Collected data:
-- ===== src/Releases/Ranking/Scores.antt =====
-- The ranks that `_validate_ranking_cohort` accepts, against the scores' values.
use qveris_capability_benchm.Prelude.{
  ℕ, ◌≡◌, refl, ap, subst, true, false, not, ◌&&◌, Option, none, some, List, [], ◌∷◌, map, arith,
  ◌==◌, ==_iff, Bool-cases, inl, inr, nat_eq, string_eq, option_eq, pair_eq, any-false-All,
  is_distinct, is_distinct_iff, Distinct, ok, err, ◌>>=◌, >>-eq-ok, >>=-eq-ok, raise_if,
  raise_if-eq-ok,
}
use mathlib.Core.List.{Memᴰ}
use qveris_capability_benchm.Prelude.Dict.{Dict, lookup}
use qveris_capability_benchm.Prelude.Int.{ℤ, int_eq}
use qveris_capability_benchm.Prelude.Sort.{sort_by}
use qveris_capability_benchm.Prelude.Sorted.{
  Pairwise, sort_by-Pairwise, Memᴰ-sort_by, sort_by-Distinct, All-Memᴰ,
}
use qveris_capability_benchm.Models.Metric.{
  MetricScore, MetricRanking, TieMethod, ordinal, tie_method_eq, MetricDirection,
}
use qveris_capability_benchm.Releases.Ranking.{
  Scope, scope_of, ScoreKey, missing_score, ordinal_score_ties, expected_ranks, from_items,
  score_values, value_checks,
}
use qveris_capability_benchm.Releases.Ranking.Order.{
  better_asym, better_skip, Entry, entry_item, entries, map-entries, Memᴰ-entries, MayFollow,
  loop-Pairwise,
}
use qveris_capability_benchm.Releases.Ranking.Cohort.{
  lookup-from_items, keys-entries, less, tied-Pairwise, strict-Pairwise, Ranked, entries-Ranked,
}

abbrev value_of : ℤ × MetricRanking → ℤ
value_of p = p.0

abbrev pub place_of : ℤ × MetricRanking → Scope
place_of p = scope_of p.1

Memᴰ-map {ℓ κ} :
    {A : Type ℓ} {B : Type κ} (f : A → B) (xs : List A) {x : A} → Memᴰ x xs → Memᴰ (f x) (map f xs)
Memᴰ-map f [] m = elim m [ ]
Memᴰ-map f (y ∷ ys) (Memᴰ.head e) = Memᴰ.head (ap f e)
Memᴰ-map f (y ∷ ys) (Memᴰ.tail m) = Memᴰ.tail (Memᴰ-map f ys m)

module _ (tie : TieMethod) (d : MetricDirection) (values : List (ℤ × MetricRanking)) where
  abbrev ordered : List (ℤ × MetricRanking)
  ordered = sort_by (less tie d) values

  abbrev expected : Dict Scope ℕ
  expected = from_items [] (expected_ranks tie 1 0 none ordered)

  ordered-Pairwise :
      (tie == ordinal && not (is_distinct (map value_of ordered))) ≡ false
      → Pairwise (λ p q. MayFollow tie d p.0 q.0) ordered
  ordered-Pairwise h =
      let sorted =
        sort_by-Pairwise (less tie d) (λ p q. better_asym d p.0 q.0)
          (λ p q r. better_skip d p.0 q.0 r.0) values in
      elim (Bool-cases (tie == ordinal)) [
        | inl t ↦
            strict-Pairwise tie d ordered
              ((is_distinct_iff (map value_of ordered)).0 (ground arith)) sorted
        | inr t ↦ tied-Pairwise tie d ordered (λ e. cc ((==_iff tie ordinal).1 e)) sorted
      ]

  ordered-Distinct : Distinct (map place_of values) → Distinct (map place_of ordered)
  ordered-Distinct u = sort_by-Distinct (less tie d) place_of values u

  -- The expected rank of a ranking is what the loop assigned to it.
  lookup-entries :
      (x : Entry)
      → Distinct (map place_of values)
      → Memᴰ x (entries tie 1 0 none ordered)
      → lookup (scope_of x.1) expected ≡ some x.2
  lookup-entries x u m =
      let items = expected_ranks tie 1 0 none ordered in
      lookup-from_items [] items (scope_of x.1) x.2
        (rw (keys-entries tie 1 0 none ordered) (ordered-Distinct u))
        (rw (← map-entries tie 1 0 none ordered)
          (Memᴰ-map entry_item (entries tie 1 0 none ordered) m))

  -- What a ranking is expected to have, as an entry of the loop.
  entry_of :
      (a : ℤ) (r : MetricRanking)
      → Distinct (map place_of values)
      → Memᴰ (a, r) values
      → (lookup (scope_of r) expected == some r.rank) ≡ true
      → Memᴰ (a, r, r.rank) (entries tie 1 0 none ordered)
  entry_of a r u m h =
      let (e, n) = Memᴰ-entries tie 1 0 none ordered (a, r) (Memᴰ-sort_by (less tie d) values m) in
      let found = lookup-entries (a, r, e) u n in
      let held = (==_iff (lookup (scope_of r) expected) (some r.rank)).0 h in
      let same : e ≡ r.rank = cc in
      subst (λ k. Memᴰ (a, r, k) (entries tie 1 0 none ordered)) same n

module _ (scores : Dict ScoreKey MetricScore) where
  -- The first round of `score_values`, when no score is missing.
  record First (r : MetricRanking) (rs : List MetricRanking) (values : List (ℤ × MetricRanking))
      : Type 0 where
    score : MetricScore
    rest : List (ℤ × MetricRanking)
    found : lookup (r.definition_digest, scope_of r) scores ≡ some score
    others : score_values scores rs ≡ ok rest
    whole : values ≡ (score.value, r) ∷ rest

  score_values-First :
      (r : MetricRanking) (rs : List MetricRanking) {values : List (ℤ × MetricRanking)}
      → score_values scores (r ∷ rs) ≡ ok values
      → First r rs values
  unfolding score_values
  score_values-First r rs {values} h =
      first (lookup (r.definition_digest, scope_of r) scores) refl h
    where
      first :
          (o : Option MetricScore)
          → lookup (r.definition_digest, scope_of r) scores ≡ o
          → (elim o [
            | none ↦ err missing_score
            | some score ↦ (do rest ← score_values scores rs; ok ((score.value, r) ∷ rest))
          ])
            ≡ ok values
          → First r rs values
      first none e k = absurd (cc)
      first (some score) e k =
          let (rest, o, l) = >>=-eq-ok (score_values scores rs) _ k in
          record { score = score; rest = rest; found = e; others = o; whole = cc }

  pub score_values-Memᴰ :
      (rs : List MetricRanking) (r : MetricRanking) (a : MetricScore)
      {values : List (ℤ × MetricRanking)}
      → score_values scores rs ≡ ok values
      → Memᴰ r rs
      → lookup (r.definition_digest, scope_of r) scores ≡ some a
      → Memᴰ (a.value, r) values
  score_values-Memᴰ [] r a h m f = elim m [ ]
  score_values-Memᴰ (s ∷ rs) r a h (Memᴰ.head e) f =
      let one = score_values-First s rs h in
      let same : a.value ≡ one.score.value = cc (one.found) in rw one.whole (Memᴰ.head (cc))
  score_values-Memᴰ (s ∷ rs) r a h (Memᴰ.tail m) f =
      let one = score_values-First s rs h in
      rw one.whole (Memᴰ.tail (score_values-Memᴰ rs r a one.others m f))

  pub score_values-places :
      (rs : List MetricRanking) {values : List (ℤ × MetricRanking)}
      → score_values scores rs ≡ ok values
      → map place_of values ≡ map scope_of rs
  unfolding score_values
  score_values-places [] {values} h = let none_left : values ≡ [] = cc in rw none_left refl
  score_values-places (s ∷ rs) h =
      let one = score_values-First s rs h in
      rw one.whole (ap (λ ps. scope_of s ∷ ps) (score_values-places rs one.others))

  pub value_checks-Ranked :
      (first : MetricRanking) (rs : List MetricRanking) (values : List (ℤ × MetricRanking))
      (r s : MetricRanking) (a b : ℤ)
      → value_checks first rs values ≡ ok tt
      → Distinct (map place_of values)
      → Memᴰ r rs
      → Memᴰ s rs
      → Memᴰ (a, r) values
      → Memᴰ (b, s) values
      → Ranked first.tie_method first.direction (a, r.rank) (b, s.rank)
  unfolding value_checks
  value_checks-Ranked first rs values r s a b h u mr ms ma mb =
      let expected' = expected first.tie_method first.direction values in
      let (h1, h2) =
        >>-eq-ok
          (raise_if
            (first.tie_method == ordinal
              && not (is_distinct (map value_of (ordered first.tie_method first.direction values))))
            ordinal_score_ties)
          _ h in
      let held =
        any-false-All (λ (q : MetricRanking). not (lookup (scope_of q) expected' == some q.rank)) rs
          (raise_if-eq-ok _ _ h2) in
      let here : (lookup (scope_of r) expected' == some r.rank) ≡ true =
        ground (arith, All-Memᴰ _ rs held mr) in
      let there : (lookup (scope_of s) expected' == some s.rank) ≡ true =
        ground (arith, All-Memᴰ _ rs held ms) in
      entries-Ranked first.tie_method first.direction _
        (loop-Pairwise first.tie_method first.direction _
          (ordered-Pairwise first.tie_method first.direction values (raise_if-eq-ok _ _ h1)))
        (entry_of first.tie_method first.direction values a r u ma here)
        (entry_of first.tie_method first.direction values b s u mb there)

> [About this exercise]:
Look above for the line with "value_of p = p.0" and the line with "ordered-Distinct u = sort_by-Distinct". Retype those two lines and every line between them exactly, adding nothing.

> [Output below]:
value_of p = p.0

abbrev pub place_of : ℤ × MetricRanking → Scope
place_of p = scope_of p.1

Memᴰ-map {ℓ κ} :
    {A : Type ℓ} {B : Type κ} (f : A → B) (xs : List A) {x : A} → Memᴰ x xs → Memᴰ (f x) (map f xs)
Memᴰ-map f [] m = elim m [ ]
Memᴰ-map f (y ∷ ys) (Memᴰ.head e) = Memᴰ.head (ap f e)
Memᴰ-map f (y ∷ ys) (Memᴰ.tail m) = Memᴰ.tail (Memᴰ-map f ys m)

module _ (tie : TieMethod) (d : MetricDirection) (values : List (ℤ × MetricRanking)) where
  abbrev ordered : List (ℤ × MetricRanking)
  ordered = sort_by (less tie d) values

  abbrev expected : Dict Scope ℕ
  expected = from_items [] (expected_ranks tie 1 0 none ordered)

  ordered-Pairwise :
      (tie == ordinal && not (is_distinct (map value_of ordered))) ≡ false
      → Pairwise (λ p q. MayFollow tie d p.0 q.0) ordered
  ordered-Pairwise h =
      let sorted =
        sort_by-Pairwise (less tie d) (λ p q. better_asym d p.0 q.0)
          (λ p q r. better_skip d p.0 q.0 r.0) values in
      elim (Bool-cases (tie == ordinal)) [
        | inl t ↦
            strict-Pairwise tie d ordered
              ((is_distinct_iff (map value_of ordered)).0 (ground arith)) sorted
        | inr t ↦ tied-Pairwise tie d ordered (λ e. cc ((==_iff tie ordinal).1 e)) sorted
      ]

  ordered-Distinct : Distinct (map place_of values) → Distinct (map place_of ordered)
  ordered-Distinct u = sort_by-Distinct (less tie d) place_of values u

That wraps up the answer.